В самом начале работы он никак не мог позабыть о самоуверенных факультетских профессорах, и отзвуки расистских теорий так или иначе влияли на его сочинение, лишая книгу свободы и силы, подгоняя под заранее установленный образец. Но по мере того как на свет рождались новые и новые главы, Педро Аршанжо все меньше думал о профессорах и теориях, потому что вовсе не собирался разоблачать их в полемике, к которой не был готов, а просто хотел поведать о жизни народа Баии, о нищете и о великолепии убогой и благородной повседневности – хотел показать, как этот преследуемый и гонимый народ полон решимости все пережить, все преодолеть, сохранив и умножив свое достояние: танец, песню, железо, дерево – свою культуру и свою свободу, рожденную в киломбо и сензалах[31].

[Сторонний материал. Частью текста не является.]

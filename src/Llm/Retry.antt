-- ===== src/Llm/Retry.antt =====
-- internal/platform/llm/retry.go: the decorator that tries again. Durations are positive int64
-- nanoseconds, and doubling one wraps around.
pub mod Delay
pub mod Attempts
use kubeflare.Prelude.{
  ℕ, zero, suc, ◌+◌, ◌*◌, ◌%◌, ◌^◌, Bool, not, ◌&&◌, ◌||◌, Option, none, some, ltb, leb, ◌==◌,
  if◌then◌else◌, ℤ, pos, negsuc, positive_or,
}
use kubeflare.Prelude.Fallible.{Fallible, ok, err}
use kubeflare.Llm.{LlmError, is_retryable}

abbrev pub millisecond : ℕ
millisecond = 1_000_000

abbrev pub default_retry_backoff : ℕ
default_retry_backoff = 500 * millisecond

abbrev pub max_retry_backoff : ℕ
max_retry_backoff = 10_000 * millisecond

-- `newRetryingClient`: the backoff that a client is made with.
unfoldable pub retry_backoff : ℤ → ℕ
retry_backoff backoff = positive_or default_retry_backoff backoff

-- `delay *= 2`, as the bit pattern of an int64, and `delay >= maxRetryBackoff` of such a pattern.
abbrev double : ℕ → ℕ
double delay = (delay * 2) % 2 ^ 64

abbrev at_least_max : ℕ → Bool
at_least_max delay = ltb delay (2 ^ 63) && leb max_retry_backoff delay

unfoldable pub double_loop : ℕ → ℕ → ℕ
double_loop zero delay = if ltb max_retry_backoff delay then max_retry_backoff else delay
double_loop (suc i) delay =
    let rest = double_loop i (double delay) in
    if at_least_max (double delay) then max_retry_backoff else rest

unfoldable pub backoff_delay : ℕ → ℕ → ℕ
unfolding double_loop
backoff_delay base attempt = double_loop attempt base

-- The number of rounds of `for attempt := 0; attempt <= max; attempt++`.
unfoldable pub rounds : ℤ → ℕ
rounds (pos max) = suc max
rounds (negsuc n) = 0

-- The world's state, the zero response, a call of the base client, and `sleepWithContext`, which
-- gives an error when the context is cancelled.
module _ {S A : Type 0} (zero_value : A) (base : S → Fallible LlmError A × S)
    (sleep : ℕ → S → Option LlmError × S) where
  abbrev after_sleep : (S → Fallible LlmError A × S) → Option LlmError × S → Fallible LlmError A × S
  after_sleep again (some e, s) = (err e, s)
  after_sleep again (none, s) = again s

  abbrev after_call :
      ℕ → ℕ → ℕ → (S → Fallible LlmError A × S) → Fallible LlmError A × S → Fallible LlmError A × S
  after_call left attempt backoff again (ok response, s) = (ok response, s)
  after_call left attempt backoff again (err e, s) =
      if not (is_retryable e) || left == 0
      then (err e, s)
      else after_sleep again (sleep (backoff_delay backoff attempt) s)

  -- The rounds that are left; behind the last one the code returns its zero response.
  unfoldable pub attempts : ℕ → ℕ → ℕ → S → Fallible LlmError A × S
  attempts zero attempt backoff s = (ok zero_value, s)
  attempts (suc left) attempt backoff s =
      after_call left attempt backoff (attempts left (attempt + 1) backoff) (base s)

  -- `Generate`, and `Stream`.
  unfoldable pub generate : ℤ → ℕ → S → Fallible LlmError A × S
  unfolding attempts rounds
  generate max backoff s = attempts (rounds max) 0 backoff s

Вот тогда он и начал работать с истинным, почти чувственным удовольствием, тогда и стал уделять своему сочинению все свободное время – каждую его секунду. Он перестал вспоминать о сухом и грубом Нило Арголо, о вежливом и веселом, но оттого не менее яростно отстаивавшем дискриминационные доктрины профессоре Фонтесе и о прочих недругах. Наставники и воспитанники, эрудиты и шарлатаны не тревожили его больше. Рукою Педро Аршанжо водила любовь к народу Баии, а гнев только вносил в его книгу страсть и поэтичность, и потому из-под его пера вышел документ – документ неопровержимой силы.